Changing our focus from how to why is one of the major shifts (both scientifically and philosophically) demanded by any intellectually honest account of reality. The structures we see in nature are the only ones that could have formed, not because of some unique set of interactions among their components, but because there can be no other configuration that solves the problem. Nature works in an automatic and inevitable fashion, not by reductionist reasoning, isolation, and inner causality.
Atoms and molecules are one thing. What about the beaver, or some other highly complex thing, anything far beyond the scale of microscopic entities? It turns out we can explain beavers with as much rigor as atoms, as long as we're reasoning about the why, not the conventional how.

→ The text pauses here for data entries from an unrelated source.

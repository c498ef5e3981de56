-- ===== src/Dbnode/Loop/Overwriting.antt =====
-- dbnode/dbnode.go: the end of a round of `handleRequests`, where the oldest request of the queue is
-- read into the variable of the message that came in.
use part_ii_project.Base.{
  increment, ok, ℕ, ◌+◌, ◌≡◌, refl, ◌≢◌, true, false, List, [], ◌∷◌, ◌++◌, arith,
}
use part_ii_project.Datastore.{Store}
use part_ii_project.Elector.{Elector}
use part_ii_project.Packet.{
  Message, no_message, node_lock_response, same_type, iota, node_lock_request_no_timeout,
}
use part_ii_project.Dbnode.RequestQueue.{Queue, enqueue, dequeue, is_empty, contains}
use part_ii_project.Dbnode.State.{emit, Dbnode, idle, processing_write}
use part_ii_project.Dbnode.Requests.{
  lock_granted, take_request, start_at, start_request, is_unlocked, allocate, queue_request,
  write_cell,
}
use part_ii_project.Dbnode.Loop.{on_incoming, handle_message, dispatch, tick}

-- An idle, working node whose queue starts with a request for a write lock, which it may grant.
pub record IsBehind {S E : Type 0} (p : ℕ) (rest : Queue) (n : Dbnode S E) : Type 0 where
  pub mode : n.current_mode ≡ idle
  pub enabled : n.disabled ≡ false
  pub queue : n.lock_requests ≡ p ∷ rest
  pub type_eq : (n.memory p).demux_key ≡ node_lock_request_no_timeout
  pub wanted : is_unlocked n (n.memory p).id ≡ false
  pub old : p ≢ n.next_cell
  pub fresh : contains rest n.next_cell ≡ false

module _ {S E : Type 0} (st : Store S) (el : Elector E) (perm next_perm : ℕ → List ℕ) where
  -- The node after it has queued the message, and before it looks at the queue.
  queued : Message → Dbnode S E → ℕ → Queue → Dbnode S E
  queued m n p rest = record n {
    memory = write_cell n.memory n.next_cell m;
    next_cell = n.next_cell + 1;
    timeout_counter = increment n.timeout_counter;
    lock_requests = p ∷ rest ++ n.next_cell ∷ [];
    sleeping = n.sleeping ++ n.next_cell ∷ [];
  }

  -- The node after the round.
  granted : Message → Dbnode S E → ℕ → Queue → Dbnode S E
  granted m n p rest =
      emit
        (record (queued m n p rest) {
          lock_requests = rest ++ n.next_cell ∷ [];
          memory = write_cell (write_cell n.memory n.next_cell m) n.next_cell (n.memory p);
          current_txid = (n.memory p).id;
          client_request = n.memory p;
          current_mode = processing_write;
        })
        (lock_granted n (n.memory p))

  handle_message-queued :
      (m : Message) (n : Dbnode S E) (p : ℕ) (rest : Queue)
      → m.demux_key ≡ node_lock_request_no_timeout
      → IsBehind p rest n
      → handle_message st el perm n.next_cell m (allocate n m) ≡ ok (queued m n p rest)
  unfolding queued handle_message tick dispatch queue_request allocate enqueue contains same_type
      iota
  handle_message-queued m n p rest type_eq w = ground (arith, type_eq, w.queue, w.old, w.fresh)

  take_request-granted :
      (m : Message) (n : Dbnode S E) (p : ℕ) (rest : Queue)
      → IsBehind p rest n
      → take_request st next_perm n.next_cell (queued m n p rest) ≡ ok (granted m n p rest)
  unfolding queued granted take_request start_at start_request dequeue is_empty emit
  take_request-granted m n p rest w = ground (arith, w.mode, w.old, w.wanted, w.type_eq)

  -- If an idle, working node whose queue starts with a request for a write lock, which it may grant,
  -- gets another request for a write lock, it grants the lock to the transaction of the older request,
  -- with the one answer that it sends, and the pointer to the new request, now in the queue, leads to a
  -- copy of the older one.
  pub on_incoming_overwrites :
      (m : Message) (n : Dbnode S E) (p : ℕ) (rest : Queue)
      → m.demux_key ≡ node_lock_request_no_timeout
      → m.dest ≡ n.id
      → IsBehind p rest n
      → (b : Dbnode S E) × (on_incoming st el perm next_perm m n ≡ ok b)
        × (b.current_mode ≡ processing_write)
        × (b.current_txid ≡ (n.memory p).id)
        × (b.outgoing
            ≡ n.outgoing
              ++ record no_message {
                id = (n.memory p).id;
                src = n.id;
                dest = (n.memory p).src;
                demux_key = node_lock_response;
                ok = true;
              }
                ∷ [])
        × (b.lock_requests ≡ rest ++ n.next_cell ∷ [])
        × (b.memory n.next_cell ≡ n.memory p)
  unfolding on_incoming queued granted same_type iota emit
  on_incoming_overwrites m n p rest type_eq here w = (
    granted m n p rest,
    ground (
      arith,
      w.enabled,
      type_eq,
      here,
      handle_message-queued m n p rest type_eq w,
      take_request-granted m n p rest w,
    ),
    refl,
    refl,
    refl,
    refl,
    ground arith,
  )
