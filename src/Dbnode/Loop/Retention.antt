-- ===== src/Dbnode/Loop/Retention.antt =====
-- dbnode/dbnode.go: through a round of the main loop (`handleRequests`) a write lock stays with its
-- transaction, and no other is granted, until its unlock request or a simulated failure.
use part_ii_project.Base.{
  ltb, leb, ◌==◌, if◌then◌else◌, if_holds, Bytes, bytes_equal, Returns-value, >>=-Returns,
  if-Returns, option-Returns, >>=-Returns_with, Returns, ok, returned, faulted, ℕ, ◌≡◌, refl, ap,
  subst, ◌∙◌, ◌≢◌, Bool, true, false, ◌&&◌, ◌||◌, not, List, arith,
}
use part_ii_project.Datastore.{Store}
use part_ii_project.Elector.{Elector}
use part_ii_project.Packet.{
  Message, Messagetype, same_type, same_type_iff, client_read_request, client_write_request,
  client_strong_write_request, node_lock_request, node_lock_request_no_timeout, node_lock_response,
  node_unlock_request, node_unlock_ack, node_get_request, node_get_response, node_put_request,
  node_put_response, node_timestamp_request, node_background_write_request,
  node_background_write_response, internal_timer_signal, election_elect, election_coordinator,
  election_ack, control_fail, control_recover,
}
use part_ii_project.Repeater.{send}
use part_ii_project.Dbnode.State.{acknowledge, Dbnode, request, same_mode, idle}
use part_ii_project.Dbnode.RequestQueue.{is_empty}
use part_ii_project.Dbnode.Propagater.{response}
use part_ii_project.Dbnode.Handlers.{
  handle_unlock_ack, handle_lock_res, handle_get_res, handle_put_res, awaits, counts_locks,
  counts_gets, counts_puts,
}
use part_ii_project.Dbnode.Background.{
  store_newer, background_answer, handle_background_write_req, handle_background_write_res,
  daemon_response, store_refusal,
}
use part_ii_project.Dbnode.Requests.{take_request, queue_request, clean_unlock_txids, allocate}
use part_ii_project.Dbnode.Startup.{recover_node}
use part_ii_project.Dbnode.Loop.{
  tick, times_out, client_write, client_read, election, dispatch, handle_message, on_incoming,
}
use part_ii_project.Dbnode.Loop.Locks.{
  is_grant, HoldsLock, grants, says, process_local_read-HoldsLock, process_local_write-HoldsLock,
  handle_unlock_req-HoldsLock, handle_get_req-HoldsLock, handle_put_req-HoldsLock,
  handle_timestamp_req-HoldsLock,
}

-- The same lock, at a node that differs elsewhere.
same_lock :
    {S E : Type 0} {id g : ℕ} {n b : Dbnode S E}
    → HoldsLock id g n
    → b.current_mode ≡ n.current_mode
    → b.current_txid ≡ n.current_txid
    → b.outgoing ≡ n.outgoing
    → HoldsLock id g b
same_lock h e f k = record {
  mode = e ∙ h.mode;
  txid = f ∙ h.txid;
  granted = ap grants k ∙ h.granted;
}

request-HoldsLock :
    {S E : Type 0} (id g : ℕ) (n : Dbnode S E) (m : Message) (unlimited : Bool)
    → HoldsLock id g n
    → Returns (HoldsLock id g) (request n m unlimited)
unfolding request
request-HoldsLock id g n m unlimited h =
    >>=-Returns {m = send n.request_repeater m unlimited}
      (λ r _. returned (same_lock h refl refl refl))

module _ {S E : Type 0} (st : Store S) (id g : ℕ) where
  store_newer-HoldsLock :
      (n : Dbnode S E) (m : Message) (t : ℕ) (v : Bytes)
      → HoldsLock id g n
      → Returns (HoldsLock id g) (store_newer st n m t v)
  unfolding store_newer
  store_newer-HoldsLock n m t v h =
      if-Returns (m.timestamp == t && not (bytes_equal v m.value)) (λ _. faulted)
        λ _. returned (if_holds (HoldsLock id g) (ltb t m.timestamp) (same_lock h refl refl refl) h)

  handle_background_write_req-HoldsLock :
      (n : Dbnode S E) (m : Message)
      → HoldsLock id g n
      → Returns (HoldsLock id g) (handle_background_write_req st n m)
  unfolding handle_background_write_req
  handle_background_write_req-HoldsLock n m h = >>=-Returns λ (t, v) _.
      >>=-Returns_with (store_newer-HoldsLock n m t v h) λ b h1. returned (
        says id g b
          (if leb t m.timestamp
            then background_answer st b m m.value m.timestamp true
            else background_answer st b m v t false)
          h1 (ground arith))

  daemon_response-HoldsLock :
      (n : Dbnode S E) (m : Message)
      → HoldsLock id g n
      → Returns (HoldsLock id g) (daemon_response st n m)
  unfolding daemon_response
  daemon_response-HoldsLock n m h =
      option-Returns n.background_write_daemon (λ _. faulted)
        λ p _. >>=-Returns {m = response p m} (λ p' _. returned (same_lock h refl refl refl))

  handle_background_write_res-HoldsLock :
      (n : Dbnode S E) (m : Message)
      → HoldsLock id g n
      → Returns (HoldsLock id g) (handle_background_write_res st n m)
  unfolding handle_background_write_res store_refusal
  handle_background_write_res-HoldsLock n m h =
      >>=-Returns_with (daemon_response-HoldsLock n m h) λ b h1.
        if-Returns (not m.ok) (λ _. >>=-Returns λ (t, v) _. store_newer-HoldsLock b m t v h1)
          (λ _. returned h1)

module _ {S E : Type 0} (st : Store S) (perm : ℕ → List ℕ) (id g : ℕ) where
  handle_lock_res-HoldsLock :
      (n : Dbnode S E) (m : Message)
      → HoldsLock id g n
      → Returns (HoldsLock id g) (handle_lock_res st perm n m)
  unfolding handle_lock_res acknowledge
  handle_lock_res-HoldsLock n m h =
      if-Returns (awaits counts_locks n m) (λ e. absurd (ground (arith, e, h.mode)))
        λ _.
          if-Returns m.ok
            (λ _. request-HoldsLock id g (acknowledge n m) _ true (same_lock h refl refl refl))
            (λ _. returned (same_lock h refl refl refl))

  handle_get_res-HoldsLock :
      (n : Dbnode S E) (m : Message)
      → HoldsLock id g n
      → Returns (HoldsLock id g) (handle_get_res st perm n m)
  unfolding handle_get_res
  handle_get_res-HoldsLock n m h =
      if-Returns (awaits counts_gets n m) (λ e. absurd (ground (arith, e, h.mode)))
        (λ _. returned (same_lock h refl refl refl))

  handle_put_res-HoldsLock :
      (n : Dbnode S E) (m : Message)
      → HoldsLock id g n
      → Returns (HoldsLock id g) (handle_put_res st perm n m)
  unfolding handle_put_res
  handle_put_res-HoldsLock n m h =
      if-Returns (awaits counts_puts n m) (λ e. absurd (ground (arith, e, h.mode)))
        (λ _. returned (same_lock h refl refl refl))

  take_request-HoldsLock :
      (p : ℕ) (n : Dbnode S E)
      → HoldsLock id g n
      → Returns (HoldsLock id g) (take_request st perm p n)
  unfolding take_request
  take_request-HoldsLock p n h =
      if-Returns (same_mode n.current_mode idle && not (is_empty n.lock_requests))
        (λ e. absurd (ground (arith, e, h.mode))) (λ _. returned h)

module _ {S E : Type 0} (st : Store S) (el : Elector E) (perm next_perm : ℕ → List ℕ)
    (id g : ℕ) where
  tick-HoldsLock :
      (m : Message) (n : Dbnode S E) → HoldsLock id g n → Returns (HoldsLock id g) (tick st m n)
  unfolding tick times_out
  tick-HoldsLock m n h =
      if-Returns (same_type m.demux_key internal_timer_signal)
        (λ _.
          >>=-Returns_with {Q = HoldsLock id g}
            (if-Returns (m.id == n.timeout_counter && times_out n.current_mode)
              (λ e. absurd (ground (arith, e, h.mode))) (λ _. returned h))
            λ b h1. returned (same_lock h1 refl refl refl))
        (λ _. returned (same_lock h refl refl refl))

  client_write-HoldsLock :
      (p : ℕ) (m : Message) (n : Dbnode S E)
      → is_grant m ≡ false
      → HoldsLock id g n
      → Returns (HoldsLock id g) (client_write st el perm p m n)
  unfolding client_write queue_request
  client_write-HoldsLock p m n e h =
      if-Returns (n.write_quorum_size == 1) (λ _. process_local_write-HoldsLock st id g n m e h)
        λ _.
          if-Returns ((el.leader n.elector).1 == n.id) (λ _. returned (same_lock h refl refl refl))
            (λ _. returned (same_lock h refl refl refl))

  client_read-HoldsLock :
      (p : ℕ) (m : Message) (n : Dbnode S E)
      → is_grant m ≡ false
      → HoldsLock id g n
      → Returns (HoldsLock id g) (client_read st el perm p m n)
  unfolding client_read queue_request
  client_read-HoldsLock p m n e h =
      if-Returns (n.read_quorum_size == 1) (λ _. process_local_read-HoldsLock st id g n m e h)
        (λ _. returned (same_lock h refl refl refl))

  dispatch-HoldsLock :
      (t : Messagetype) (p : ℕ) (m : Message) (n : Dbnode S E)
      → m.demux_key ≡ t
      → (t ≡ node_unlock_request → m.id ≢ id)
      → HoldsLock id g n
      → Returns (HoldsLock id g) (dispatch st el perm t p m n)
  unfolding dispatch queue_request election handle_unlock_ack
  dispatch-HoldsLock client_write_request p m n e u h = client_write-HoldsLock p m n (rw e refl) h
  dispatch-HoldsLock client_strong_write_request p m n e u h =
      client_write-HoldsLock p m n (rw e refl) h
  dispatch-HoldsLock client_read_request p m n e u h = client_read-HoldsLock p m n (rw e refl) h
  dispatch-HoldsLock node_lock_request p m n e u h = returned (same_lock h refl refl refl)
  dispatch-HoldsLock node_lock_request_no_timeout p m n e u h =
      returned (same_lock h refl refl refl)
  dispatch-HoldsLock node_lock_response p m n e u h = handle_lock_res-HoldsLock st perm id g n m h
  dispatch-HoldsLock node_unlock_request p m n e u h =
      returned (handle_unlock_req-HoldsLock st id g n m (u refl) h)
  dispatch-HoldsLock node_unlock_ack p m n e u h = returned (same_lock h refl refl refl)
  dispatch-HoldsLock node_get_request p m n e u h = handle_get_req-HoldsLock st id g n m h
  dispatch-HoldsLock node_get_response p m n e u h = handle_get_res-HoldsLock st perm id g n m h
  dispatch-HoldsLock node_put_request p m n e u h =
      returned (handle_put_req-HoldsLock st id g n m h)
  dispatch-HoldsLock node_put_response p m n e u h = handle_put_res-HoldsLock st perm id g n m h
  dispatch-HoldsLock node_timestamp_request p m n e u h =
      handle_timestamp_req-HoldsLock st id g n m h
  dispatch-HoldsLock node_background_write_request p m n e u h =
      handle_background_write_req-HoldsLock st id g n m h
  dispatch-HoldsLock node_background_write_response p m n e u h =
      handle_background_write_res-HoldsLock st id g n m h
  dispatch-HoldsLock internal_timer_signal p m n e u h = returned h
  dispatch-HoldsLock election_elect p m n e u h = returned (same_lock h refl refl refl)
  dispatch-HoldsLock election_coordinator p m n e u h = returned (same_lock h refl refl refl)
  dispatch-HoldsLock election_ack p m n e u h = returned (same_lock h refl refl refl)
  dispatch-HoldsLock _ p m n e u h = faulted

  -- A node that holds a write lock for a transaction still holds it after a round of the main loop,
  -- and has granted no other, whatever message came in, a signal of its timer included, unless that is
  -- an unlock request of the transaction or a simulated failure.
  pub on_incoming-HoldsLock :
      (m : Message) (n b : Dbnode S E)
      → (m.demux_key ≡ node_unlock_request → m.id ≢ id)
      → m.demux_key ≢ control_fail
      → HoldsLock id g n
      → on_incoming st el perm next_perm m n ≡ ok b
      → HoldsLock id g b
  unfolding on_incoming handle_message clean_unlock_txids allocate recover_node
  on_incoming-HoldsLock m n b u f h e = Returns-value (
      subst (Returns (HoldsLock id g)) e (
        if-Returns (n.disabled || same_type m.demux_key control_recover)
          (λ _. returned (
            if_holds (HoldsLock id g) (n.disabled && same_type m.demux_key control_recover)
              (same_lock h refl refl refl) h))
          λ _.
            if-Returns (same_type m.demux_key control_fail)
              (λ c. absurd (f ((same_type_iff m.demux_key control_fail).0 c)))
              λ _.
                if-Returns (not (m.dest == n.id)) (λ _. faulted)
                  λ _.
                    >>=-Returns_with
                      (>>=-Returns_with
                        (tick-HoldsLock m (allocate n m) (same_lock h refl refl refl))
                        λ c h1. dispatch-HoldsLock m.demux_key n.next_cell m _ refl u (
                          if_holds (HoldsLock id g) (same_type m.demux_key election_elect)
                            (same_lock h1 refl refl refl) h1))
                      λ c h1. take_request-HoldsLock st next_perm id g n.next_cell c h1))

"How," in today's science and engineering paradigm, asks about the specific manner in which something occurs. How does photosynthesis happen in plants? How does an engine create motion? How does one solve this mathematical problem? But the "why" relates to the rationale or underlying principles that lead to a given structure or behavior. The reductionist will spend their career trying to answer how the beaver looks and acts the way it does. They'll never bring a rigorous answer, because nature's solutions aren't about causal chains, they're about manifesting structures that solve problems with flexible determinism. The beaver's set of configurations are the inevitable outgrowth of problem-solving. Its features, and the way they're used, overlap, informationally, with the demands of its environment. That's it.
And that's why we can see the extreme universality of thinking about things in informational and computational terms. Under complexity, reaching inside the guts of a system isn't going to tell you how that system works. The mechanism, and any rationale used to defend it, must be based fully on the logic of how informational and computational properties are satisfied.